Super Soil 2019-2020

207 Grown

Member
Hey there everyone, I'm 207 and I'll be sharing my personal grow with you.

I'm a medical cannabis user and long time farmer; I love growing anything and cannabis is no exception. Right now I am refining my methods and still trying to learn as much as I can, like many of you are.

I have had some great successes and also a lot of bad, frustrating, tragic grow situations that I have learned a lot of hard lessons from. I've spent a lot on hydro and chem nutes and have taken advice from guys at the grow stores (almost always a bad idea)

After mixed results with chems and years of working against nature, I'm starting to see the light of sustainable growing. Im tired of buying soil and nutes. Tired of pH pens drying out on me and ppm getting too high/low if I don't check often. Im tired of paying $$ for distilled water that I'm just going to change out in a week or two. I'm not throwing my DWC stuff out just yet, but I am retiring it for the time being.

I have decided to go full organic indoor for the first time since 2012 and I'm pretty happy to see the AN bottles in my stock room start gathering some dust!

After months of research and trials, I have decided on a mix I like.

I'm using roots 707 as a base and have added the usually array of trace minerals and meals, dry COM fertilizer, a bit of DOLO Lime and mixed it well.

After the soil was thoroughly amended and stirred up, I watered it down and have left it to break down (cook) all of the "hot" amendments (yeah, alfalfa and guano, I'm looking at you)

On a whim, I grabbed some roots organic liquid base fertilizer, back when I only had inert soilless mix. It did a great job bringing life into my old pro mix! The sick plants that I had saved from an old grow have sprung back with full vigor.

I'm quickly seeing success and I have only started recently with the indoor organics.
Usually I save the 'stinky stuff' for outside in my big raised beds, but if I mix it outdoors and bring it in carefully, it's not so bad.

The point of this thread is to entice fellow gardeners into sharing some success stories and info about organic growing indoors. There are plenty of old threads etc etc but I wanted to have a fresh place to share with you all.

I will be posting pics occasionally but mostly interested in conversation about ratios, cook time, amendments, teas, and other organic methods that medical cultivators may wish to share.

Please stop by and leave a comment if you like. I have barely used my new RIU account!

Happy growing :leaf:
 

207 Grown

Member
i love organics. Something that ive only recently used which i wish i would have found years ago is Bokashi. Like adding a turbocharger to the microbes in cooking soil or your compost pile/container.
Thanks for chiming in!

Bokashi seems pretty cool from the small amount of info I've seen.

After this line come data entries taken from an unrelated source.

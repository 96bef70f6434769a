-- ===== src/Serial/Answers.antt =====
-- What arrives from the other side of a client's connection: processMsg of serial/client_context.go,
-- serial/client_handler.go, and ProcessServerMessage.
use vilan_peer.Base.{
  ℕ, ◌≡◌, Bool, true, false, List, [], ◌∷◌, Option, none, some, load, store, if◌then◌else◌,
  Bool-cases, inl, inr,
}
use vilan_peer.Serial.{PortConfig, Data, Event, wrote}
use vilan_peer.Serial.Client.{Answer, ClientContext, Clients, did}

-- message.MsgServerFrame, as the client reads it, by its type; the message of that type may be missing.
pub data Received : Type 0 where
  data_frame : Option Data → Received
  data_ack auth_ack : Bool → Received
  open_port_ack close_port_ack get_config_ack : Option (ℕ × Answer) → Received
  port_list_ack : Option (Option (List ℕ)) → Received
  ping other : Received

-- The keys of `msgResult`: the call that waits.
pub data Waiting : Type 0 where
  for_auth for_list : Waiting
  for_open for_close for_config : ℕ → Waiting

-- What is sent to a waiting call.
pub data Delivered : Type 0 where
  answer : Answer → Delivered
  list : List ℕ → Delivered
  no_list : Delivered

abbrev pub deliver : (Waiting → Bool) → Waiting → Delivered → Option (Waiting × Delivered)
deliver waits k d = if waits k then some (k, d) else none

abbrev bare : Bool → Delivered
bare result = answer (record { result = result; config = none })

abbrev whole_config : Answer → Delivered
whole_config a = elim a.config [
  | none ↦ bare false
  | some conf ↦ if a.result then answer a else bare false
]

abbrev written_to : Data → Option PortConfig → List Event
written_to msg none = []
written_to msg (some conf) = wrote msg.name msg.bytes ∷ []

-- ClientContext.processMsg: what it does, and which waiting call it answers with what.
unfoldable pub process_msg :
    (Waiting → Bool) → Received → ClientContext → List Event × Option (Waiting × Delivered)
process_msg waits (data_frame none) ctx = ([], none)
process_msg waits (data_frame (some msg)) ctx = (written_to msg (load msg.name ctx.port_ctx), none)
process_msg waits (data_ack given) ctx = ([], none)
process_msg waits (auth_ack given) ctx = ([], deliver waits for_auth (bare given))
process_msg waits (open_port_ack none) ctx = ([], none)
process_msg waits (open_port_ack (some (name, a))) ctx =
    ([], deliver waits (for_open name) (answer a))
process_msg waits (close_port_ack none) ctx = ([], none)
process_msg waits (close_port_ack (some (name, a))) ctx =
    ([], deliver waits (for_close name) (bare a.result))
process_msg waits (get_config_ack none) ctx = ([], none)
process_msg waits (get_config_ack (some (name, a))) ctx =
    ([], deliver waits (for_config name) (whole_config a))
process_msg waits (port_list_ack none) ctx = ([], none)
process_msg waits (port_list_ack (some none)) ctx = ([], deliver waits for_list no_list)
process_msg waits (port_list_ack (some (some names))) ctx =
    ([], deliver waits for_list (list names))
process_msg waits ping ctx = ([], none)
process_msg waits other ctx = ([], none)

abbrev heard_at : ℕ → ℕ → ClientContext → Clients → Clients
heard_at now id ctx c = record c {
  client_ctx = store id (record ctx { last_receive = now }) c.client_ctx;
}

abbrev pub taken :
    (Waiting → Bool)
    → ℕ
    → ℕ
    → Received
    → Option ClientContext
    → Clients
    → Clients × Option (Waiting × Delivered)
taken waits now id msg none c = (c, none)
taken waits now id msg (some ctx) c =
    let (es, d) = process_msg waits msg ctx in (did es (heard_at now id ctx c), d)

abbrev with_handler : ℕ → Option ClientContext → Option ClientContext
with_handler channel none = none
with_handler channel (some ctx) = some (record ctx { handler = some channel })

abbrev heard_only : ℕ → ℕ → Option ClientContext → Clients → Clients
heard_only now id none c = c
heard_only now id (some ctx) c = heard_at now id ctx c

-- ProcessServerMessage at a time, for a frame on a channel; the answer to a ping is left to the network.
unfoldable pub process_server_message :
    (Waiting → Bool) → ℕ → ℕ → Received → ℕ → Clients → Clients × Option (Waiting × Delivered)
process_server_message waits now id (auth_ack given) channel c =
    taken waits now id (auth_ack given) (with_handler channel (load id c.client_ctx)) c
process_server_message waits now id ping channel c =
    (heard_only now id (load id c.client_ctx) c, none)
process_server_message waits now id msg channel c = taken waits now id msg (load id c.client_ctx) c

abbrev pub is_auth_ack : Received → Bool
is_auth_ack (auth_ack given) = true
is_auth_ack _ = false

-- ClientHandler.processMsg, with the flag `auth` of the handler.
unfoldable pub process_frame :
    (Waiting → Bool)
    → ℕ
    → Bool
    → ℕ
    → Received
    → ℕ
    → Clients
    → Bool × (Clients × Option (Waiting × Delivered))
process_frame waits now accepted id msg channel c =
    let done = process_server_message waits now id msg channel c in
    if is_auth_ack msg then (true, done) else if accepted then (true, done) else (false, (c, none))

-- That what is delivered goes to a call that waits.
abbrev pub IsAwaited : (Waiting → Bool) → Option (Waiting × Delivered) → Type 0
IsAwaited waits none = Unit
IsAwaited waits (some (k, d)) = waits k ≡ true

deliver-IsAwaited :
    (waits : Waiting → Bool) (k : Waiting) (d : Delivered) → IsAwaited waits (deliver waits k d)
deliver-IsAwaited waits k d = elim (Bool-cases (waits k)) [
  | inl yes' ↦ rw yes' yes'
  | inr no' ↦ rw no' tt
]

process_msg-IsAwaited :
    (waits : Waiting → Bool) (msg : Received) (ctx : ClientContext)
    → IsAwaited waits (process_msg waits msg ctx).1
unfolding process_msg
process_msg-IsAwaited waits (data_frame none) ctx = tt
process_msg-IsAwaited waits (data_frame (some msg)) ctx = tt
process_msg-IsAwaited waits (data_ack given) ctx = tt
process_msg-IsAwaited waits (auth_ack given) ctx = deliver-IsAwaited waits for_auth (bare given)
process_msg-IsAwaited waits (open_port_ack none) ctx = tt
process_msg-IsAwaited waits (open_port_ack (some (name, a))) ctx =
    deliver-IsAwaited waits (for_open name) (answer a)
process_msg-IsAwaited waits (close_port_ack none) ctx = tt
process_msg-IsAwaited waits (close_port_ack (some (name, a))) ctx =
    deliver-IsAwaited waits (for_close name) (bare a.result)
process_msg-IsAwaited waits (get_config_ack none) ctx = tt
process_msg-IsAwaited waits (get_config_ack (some (name, a))) ctx =
    deliver-IsAwaited waits (for_config name) (whole_config a)
process_msg-IsAwaited waits (port_list_ack none) ctx = tt
process_msg-IsAwaited waits (port_list_ack (some none)) ctx =
    deliver-IsAwaited waits for_list no_list
process_msg-IsAwaited waits (port_list_ack (some (some names))) ctx =
    deliver-IsAwaited waits for_list (list names)
process_msg-IsAwaited waits ping ctx = tt
process_msg-IsAwaited waits other ctx = tt

taken-IsAwaited :
    (waits : Waiting → Bool) (now id : ℕ) (msg : Received) (o : Option ClientContext) (c : Clients)
    → IsAwaited waits (taken waits now id msg o c).1
taken-IsAwaited waits now id msg none c = tt
taken-IsAwaited waits now id msg (some ctx) c = process_msg-IsAwaited waits msg ctx

process_server_message-IsAwaited :
    (waits : Waiting → Bool) (now id : ℕ) (msg : Received) (channel : ℕ) (c : Clients)
    → IsAwaited waits (process_server_message waits now id msg channel c).1
unfolding process_server_message
process_server_message-IsAwaited waits now id (auth_ack given) channel c =
    taken-IsAwaited waits now id (auth_ack given) (with_handler channel (load id c.client_ctx)) c
process_server_message-IsAwaited waits now id ping channel c = tt
process_server_message-IsAwaited waits now id (data_frame d) channel c =
    taken-IsAwaited waits now id (data_frame d) (load id c.client_ctx) c
process_server_message-IsAwaited waits now id (data_ack d) channel c =
    taken-IsAwaited waits now id (data_ack d) (load id c.client_ctx) c
process_server_message-IsAwaited waits now id (open_port_ack d) channel c =
    taken-IsAwaited waits now id (open_port_ack d) (load id c.client_ctx) c
process_server_message-IsAwaited waits now id (close_port_ack d) channel c =
    taken-IsAwaited waits now id (close_port_ack d) (load id c.client_ctx) c
process_server_message-IsAwaited waits now id (get_config_ack d) channel c =
    taken-IsAwaited waits now id (get_config_ack d) (load id c.client_ctx) c
process_server_message-IsAwaited waits now id (port_list_ack d) channel c =
    taken-IsAwaited waits now id (port_list_ack d) (load id c.client_ctx) c
process_server_message-IsAwaited waits now id other channel c =
    taken-IsAwaited waits now id other (load id c.client_ctx) c

-- Whatever frame arrives on a client's channel, an answer goes to no call but one that waits for it.
pub process_frame-IsAwaited :
    (waits : Waiting → Bool) (now : ℕ) (accepted : Bool) (id : ℕ) (msg : Received) (channel : ℕ)
    (c : Clients)
    → IsAwaited waits (process_frame waits now accepted id msg channel c).1.1
unfolding process_frame
process_frame-IsAwaited waits now accepted id msg channel c =
    let awaited = process_server_message-IsAwaited waits now id msg channel c in
    elim (Bool-cases (is_auth_ack msg)) [
      | inl yes' ↦ rw yes' awaited
      | inr no' ↦ elim (Bool-cases accepted) [
        | inl on ↦ rw (no', on) awaited
        | inr off ↦ rw (no', off) tt
      ]
    ]
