-- ===== src/Tests/Net.antt =====
-- The network headers of a small packet.
use Prim.{tt}
use libroce.Base.{ℕ, ◌%◌, ◌^◌, ◌<◌, ◌≡◌, refl, List, [], ◌∷◌, ◌++◌, some, arith}
use libroce.Net.Ip.{Ip}
use libroce.Net.Ipv6.{Ipv6}
use libroce.Net.Udp.{Udp}
use libroce.Net.Checksum.{checksum, AreWords, checksum-checksum}
use libroce.Word.{bswap16, bswap32}
use libroce.Ib.Bth.{Bth, get_destqp}
use libroce.Crc.Packet.{ip4, crc32_pkt, crc32_pkt_variant}
use libroce.Iov.{Iov}
use libroce.Netpkt.Eth.{Netpkt, netpkt_set4}
use libroce.Netpkt.Eth.Address.{EndsInBytes}
use libroce.Netpkt.Eth.Ipv4.{IsFresh, Sent, netpkt_set4-Sent}

abbrev ip : Ip
ip = record {
  u8_0 = 0;
  tos = 0;
  length = 0;
  id = 0;
  frag_off = 0;
  ttl = 0;
  protocol = 0;
  checksum = 0;
  saddr = 0;
  daddr = 0;
}

abbrev ipv6 : Ipv6
ipv6 = record { u32_0 = 7; payload_len = 0; nexthdr = 0; hop_limit = 0; saddr = []; daddr = [] }

abbrev udp : Udp
udp = record { sport = 0; dport = 0; length = 0; checksum = 0 }

abbrev bth : Bth
bth = record { opcode = 4; flags = 0; pkey = 65535; u32_1 = 0x12000000; u32_2 = 1 }

abbrev mem : ℕ → ℕ
mem a = a % 256

abbrev front : List ℕ
front = 0x0045 ∷ 0xffff ∷ []

abbrev back : List ℕ
back = 0xfffe ∷ []

all_words : AreWords (front ++ 0 ∷ back)
all_words = (omega arith, (omega arith, (omega arith, (omega arith, tt))))

checksum-checksum_example :
    (c : ℕ) × (checksum (front ++ 0 ∷ back) ≡ some c)
    × (c < 2 ^ 16)
    × (checksum (front ++ c ∷ back) ≡ some 0)
checksum-checksum_example = checksum-checksum front back all_words (omega arith)

same_destqp : get_destqp (record bth { u32_1 = 0x120000ff }) ≡ get_destqp bth
unfolding get_destqp bswap32 bswap16
same_destqp = refl

abbrev payload : List Iov
payload = record { base = 100; len = 3 } ∷ []

crc32_pkt_variant_example :
    crc32_pkt mem
      (ip4 (record ip { tos = 1; ttl = 63; checksum = 77 }))
      []
      (record udp { checksum = 5 })
      (record bth { u32_1 = 0x120000ff })
      payload
    ≡ crc32_pkt mem (ip4 ip) [] udp bth payload
crc32_pkt_variant_example =
    crc32_pkt_variant mem ip [] udp bth payload 1 63 77 5 0x120000ff (omega arith) (omega arith)
      same_destqp

abbrev pkt : Netpkt
pkt = record {
  ethh = record { dmac = []; smac = []; type = 0 };
  view4 = ip;
  view6 = ipv6;
  udph = udp;
  bth = bth;
  icrc = 0;
  ip_len = 0;
  iovs = record { base = 50; len = 12 } ∷ payload;
}

ip-IsFresh : IsFresh ip
ip-IsFresh = record { no_checksum = refl; tos_fits = omega arith; id_fits = omega arith }

abbrev mac : List ℕ
mac = 2 ∷ 0 ∷ 0 ∷ 0 ∷ 0 ∷ 1 ∷ []

abbrev gid : List ℕ
gid = 0 ∷ 0 ∷ 0 ∷ 0 ∷ 0 ∷ 0 ∷ 0 ∷ 0 ∷ 0 ∷ 0 ∷ 255 ∷ 255 ∷ 10 ∷ 0 ∷ 0 ∷ 1 ∷ []

gid-EndsInBytes : EndsInBytes gid
gid-EndsInBytes = record {
  at_12 = omega arith;
  at_13 = omega arith;
  at_14 = omega arith;
  at_15 = omega arith;
}

netpkt_set4-Sent_example :
    (pkt' : Netpkt) × (netpkt_set4 mem pkt mac mac 64 gid gid 15 ≡ some pkt')
    × Sent mem gid gid 15 pkt'
netpkt_set4-Sent_example =
    netpkt_set4-Sent mem pkt mac mac 64 gid gid 15 ip-IsFresh (omega arith) gid-EndsInBytes
      gid-EndsInBytes (omega arith)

Do you have to buy starter or is there a diy recipe?

Also, I would be interested to know how/if fermentation is more beneficial to a gardener than traditional aerobic composting.

I assume it isn't meant to be a replacement, but an accent to aerobic composting.

Are there "special" microbes that can only be multiplied by this process?

Is it the anaerobic bokashi tea from the fermentation process(liquid), or the actual anaerobic material(solid) that you use/prefer?

The way I understand it is that you dilute the tea in water and pour it on your soil, and that the material left behind still needs to be traditionally composted after.

I've been meaning to learn more about fermented teas, and it seems so foreign to me... But I think it's a pretty neat concept and welcome any input on it :bigjoint:
 

madvillian420

Well-Known Member
Im familiar with the dry bokashi, which is a pretty versatile mix of oats, a ton of microbes, and usually a couple other ingredients including molasses. It can be added to compost bins, which will create an amazing liquid runoff tea as well as speeding up the compost process. it can be added to soil mixes as well as even topdressing plants. If you have instagram, follow homegrown_bokashi you can see some pics of it in action
 

207 Grown

Member
Im familiar with the dry bokashi, which is a pretty versatile mix of oats, a ton of microbes, and usually a couple other ingredients including molasses. It can be added to compost bins, which will create an amazing liquid runoff tea as well as speeding up the compost process. it can be added to soil mixes as well as even topdressing plants. If you have instagram, follow homegrown_bokashi you can see some pics of it in action
I see, you use it in compost! Nice
The method I was researching involved an airtight, sealed container with some bokashi and table scraps, which was left without oxygen to encourage anaerobic bacteria.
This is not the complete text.